L’edilizia è il settore prevalente in cui i maghrebini sono impiegati, soprattutto a partire dalla crisi
della coltura del pomodoro. Basta pensare che su 110-120 registrazioni di regolarizzazioni in Cassa
Edile, si contano per lo meno 400-500 di questi lavoratori impiegati a vario titolo in piccole
imprese, piccoli cantieri che lavorano a nero. Le maggiori concentrazioni si riscontrano soprattutto
in provincia.
23
Chi non ha ancora trovato una certa stabilità ritiene questo un settore di passaggio in attesa di
trovare qualche collocazione più stabile in seguito, magari nei centri urbani del nord Italia.

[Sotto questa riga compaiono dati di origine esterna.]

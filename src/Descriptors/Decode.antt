-- ===== src/Descriptors/Decode.antt =====
-- edgedb-protocol/src/descriptors.rs: the `Decode` of each descriptor.
use Prim.Native.Nat.{bit_and}
use edgedb_rust.Base.{
  ℕ, ◌*◌, Bool, not, ◌&&◌, leb, ltb, [], Option, none, some, Result, ok, err, if◌then◌else◌,
}
use edgedb_rust.Base.HashMap.{◌==◌, nat_eq}
use edgedb_rust.Wire.{DecodeError, invalid_type_descriptor, invalid_array_shape, Crates}
use edgedb_rust.Wire.Decoder.{
  Decoder, pure, fail, take_or_panic, lift, ensure_remaining, repeat, push_decoded, assert, peek,
  ◌>>=◌, ◌>>◌,
}
use edgedb_rust.Wire.Frame.{read_as}
use edgedb_rust.Wire.Encoding.{decode_string, decode_uuid}
use edgedb_rust.Protocol.{ProtocolVersion, Cardinality, is_at_least, try_from_u8}
use edgedb_rust.Time.Int.{ℤ, pos, negsuc, as_i32}
use edgedb_rust.Descriptors.{
  TypePos, Descriptor, SetDescriptor, set, ShapeElement, ObjectShapeDescriptor, object_shape,
  InputShapeTypeDescriptor, input_shape, BaseScalarTypeDescriptor, base_scalar,
  ScalarTypeDescriptor, scalar, TupleTypeDescriptor, tuple, TupleElement, NamedTupleTypeDescriptor,
  named_tuple, ArrayTypeDescriptor, array, RangeTypeDescriptor, range, EnumerationTypeDescriptor,
  enumeration, TypeAnnotationDescriptor, type_annotation,
}

-- The `match` on a dimension: -1 stands for a dimension without a bound.
unfoldable pub dimension : ℤ → Result DecodeError (Option ℕ)
dimension (pos n) = if ltb 0 n then ok (some n) else err invalid_array_shape
dimension (negsuc n) = if n == 0 then ok none else err invalid_array_shape

-- `flags & mask != 0`
unfoldable pub has_flag : (mask flags : ℕ) → Bool
has_flag mask flags = not (bit_and flags mask == 0)

module _ ⦃C : Crates⦄ where
  unfoldable pub decode_type_pos : Decoder TypePos
  decode_type_pos = take_or_panic C.get_u16

  unfoldable pub decode_set_descriptor : Decoder SetDescriptor
  unfolding decode_type_pos
  decode_set_descriptor = do
    ensure_remaining 19
    k ← take_or_panic C.get_u8
    assert (k == 0)
    id ← decode_uuid
    type_pos ← decode_type_pos
    pure (record { id = id; type_pos = type_pos })

  -- The flags and the cardinality; `buf.get_u8() as u32` and no cardinality before version 0.11.
  unfoldable pub decode_element_flags : ProtocolVersion → Decoder (ℕ × Option Cardinality)
  decode_element_flags proto =
      if is_at_least proto 0 11
      then (take_or_panic C.get_u32 >>= λ flags. take_or_panic C.get_u8 >>= λ c.
          lift (try_from_u8 c) >>= λ cardinality. pure (flags, some cardinality))
      else (take_or_panic C.get_u8 >>= λ flags. pure (flags, none))

  unfoldable pub decode_shape_element : ProtocolVersion → Decoder ShapeElement
  unfolding decode_element_flags has_flag decode_type_pos
  decode_shape_element proto = do
    ensure_remaining 7
    flags ← decode_element_flags proto
    name ← decode_string
    ensure_remaining 2
    type_pos ← decode_type_pos
    pure (record {
      flag_implicit = has_flag 0b001 flags.0;
      flag_link_property = has_flag 0b010 flags.0;
      flag_link = has_flag 0b100 flags.0;
      cardinality = flags.1;
      name = name;
      type_pos = type_pos;
    })

  unfoldable pub decode_object_shape_descriptor : ProtocolVersion → Decoder ObjectShapeDescriptor
  unfolding decode_shape_element
  decode_object_shape_descriptor proto = do
    ensure_remaining 19
    k ← take_or_panic C.get_u8
    assert (k == 1)
    id ← decode_uuid
    element_count ← take_or_panic C.get_u16
    elements ← repeat element_count (push_decoded (decode_shape_element proto)) []
    pure (record { id = id; elements = elements })

  unfoldable pub decode_input_shape_type_descriptor :
      ProtocolVersion → Decoder InputShapeTypeDescriptor
  unfolding decode_shape_element
  decode_input_shape_type_descriptor proto = do
    ensure_remaining 19
    k ← take_or_panic C.get_u8
    assert (k == 8)
    id ← decode_uuid
    element_count ← take_or_panic C.get_u16
    elements ← repeat element_count (push_decoded (decode_shape_element proto)) []
    pure (record { id = id; elements = elements })

  unfoldable pub decode_base_scalar_type_descriptor : Decoder BaseScalarTypeDescriptor
  decode_base_scalar_type_descriptor = do
    k ← take_or_panic C.get_u8
    assert (k == 2)
    id ← decode_uuid
    pure (record { id = id })

  unfoldable pub decode_scalar_type_descriptor : Decoder ScalarTypeDescriptor
  unfolding decode_type_pos
  decode_scalar_type_descriptor = do
    ensure_remaining 19
    k ← take_or_panic C.get_u8
    assert (k == 3)
    id ← decode_uuid
    base_type_pos ← decode_type_pos
    pure (record { id = id; base_type_pos = base_type_pos })

  unfoldable pub decode_tuple_type_descriptor : Decoder TupleTypeDescriptor
  unfolding decode_type_pos
  decode_tuple_type_descriptor = do
    ensure_remaining 19
    k ← take_or_panic C.get_u8
    assert (k == 4)
    id ← decode_uuid
    el_count ← take_or_panic C.get_u16
    ensure_remaining (2 * el_count)
    element_types ← repeat el_count (push_decoded decode_type_pos) []
    pure (record { id = id; element_types = element_types })

  unfoldable pub decode_tuple_element : Decoder TupleElement
  unfolding decode_type_pos
  decode_tuple_element = do
    name ← decode_string
    ensure_remaining 2
    type_pos ← decode_type_pos
    pure (record { name = name; type_pos = type_pos })

  unfoldable pub decode_named_tuple_type_descriptor : Decoder NamedTupleTypeDescriptor
  unfolding decode_tuple_element
  decode_named_tuple_type_descriptor = do
    ensure_remaining 19
    k ← take_or_panic C.get_u8
    assert (k == 5)
    id ← decode_uuid
    element_count ← take_or_panic C.get_u16
    elements ← repeat element_count (push_decoded decode_tuple_element) []
    pure (record { id = id; elements = elements })

  -- `match buf.get_i32()`, whose 32 bits are read as the `u32` that they are, too.
  unfoldable pub decode_dimension : Decoder (Option ℕ)
  unfolding dimension
  decode_dimension = do n ← take_or_panic C.get_u32; lift (dimension (as_i32 (pos n)))

  unfoldable pub decode_array_type_descriptor : Decoder ArrayTypeDescriptor
  unfolding decode_type_pos decode_dimension
  decode_array_type_descriptor = do
    ensure_remaining 21
    k ← take_or_panic C.get_u8
    assert (k == 6)
    id ← decode_uuid
    type_pos ← decode_type_pos
    dim_count ← take_or_panic C.get_u16
    ensure_remaining (4 * dim_count)
    dimensions ← repeat dim_count (push_decoded decode_dimension) []
    pure (record { id = id; type_pos = type_pos; dimensions = dimensions })

  unfoldable pub decode_range_type_descriptor : Decoder RangeTypeDescriptor
  unfolding decode_type_pos
  decode_range_type_descriptor = do
    ensure_remaining 19
    k ← take_or_panic C.get_u8
    assert (k == 9)
    id ← decode_uuid
    type_pos ← decode_type_pos
    pure (record { id = id; type_pos = type_pos })

  unfoldable pub decode_enumeration_type_descriptor : Decoder EnumerationTypeDescriptor
  decode_enumeration_type_descriptor = do
    ensure_remaining 19
    k ← take_or_panic C.get_u8
    assert (k == 7)
    id ← decode_uuid
    member_count ← take_or_panic C.get_u16
    members ← repeat member_count (push_decoded decode_string) []
    pure (record { id = id; members = members })

  unfoldable pub decode_type_annotation_descriptor : Decoder TypeAnnotationDescriptor
  decode_type_annotation_descriptor = do
    ensure_remaining 21
    annotated_type ← take_or_panic C.get_u8
    assert (leb 0x7F annotated_type)
    id ← decode_uuid
    annotation ← decode_string
    pure (record { annotated_type = annotated_type; id = id; annotation = annotation })

  -- The `match` on the first byte.
  unfoldable pub decode_descriptor_body : ProtocolVersion → (code : ℕ) → Decoder Descriptor
  decode_descriptor_body proto code =
      if code == 0
      then read_as set decode_set_descriptor
      else if code == 1
      then read_as object_shape (decode_object_shape_descriptor proto)
      else if code == 2
      then read_as base_scalar decode_base_scalar_type_descriptor
      else if code == 3
      then read_as scalar decode_scalar_type_descriptor
      else if code == 4
      then read_as tuple decode_tuple_type_descriptor
      else if code == 5
      then read_as named_tuple decode_named_tuple_type_descriptor
      else if code == 6
      then read_as array decode_array_type_descriptor
      else if code == 7
      then read_as enumeration decode_enumeration_type_descriptor
      else if code == 8
      then read_as input_shape (decode_input_shape_type_descriptor proto)
      else if code == 9
      then read_as range decode_range_type_descriptor
      else if leb 0x7F code && leb code 0xFF
      then read_as type_annotation decode_type_annotation_descriptor
      else fail (invalid_type_descriptor code)

  -- `Descriptor::decode`
  unfoldable pub decode_descriptor : ProtocolVersion → Decoder Descriptor
  unfolding decode_descriptor_body
  decode_descriptor proto = ensure_remaining 1 >> (peek >>= decode_descriptor_body proto)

Quanto già denunciato per l’agricoltura è valido anche per il settore edile: ci sono alcune zone della
regione Campania in cui c’è un’antica tradizione ed un’alta concentrazione di figure professionali
che però col tempo si stanno perdendo in quanto non esistono nuove generazioni pronte a
sostituirle.
Inoltre è difficile riuscire a scardinare i fenomeni malavitosi fortemente radicati nel settore edile in
questa regione e ad innescare un processo virtuoso di incontro tra imprese e lavoratori regolata da
meccanismi legali.
In questo settore non sono stati riscontrati livelli salariali differenti tra lavoratori maghrebini e di
altre nazionalità. Ci sono tre livelli di retribuzione. Un livello concerne i lavoratori che svolgono la
propria attività lavorativa senza nessuna forma contrattuale. In situazioni di totale irregolarità la
paga media si aggira intorno alle 30 euro giornaliere per una giornata lavorativa che si protrae per
circa 8-10 ore. Ci sono poi altre due forme di retribuzione per coloro che hanno firmato un
contratto. In un caso la paga è concessa in modo regolare secondo quanto sancito dalle norme
contrattuali; in altri i datori di lavoro concedono una busta paga ufficiale, rigorosa, rispettosa delle
norme contrattuali ma nella realtà l’ammontare dato è più esiguo. È un sistema molto diffuso che gli
imprenditori utilizzano anche con i lavoratori italiani.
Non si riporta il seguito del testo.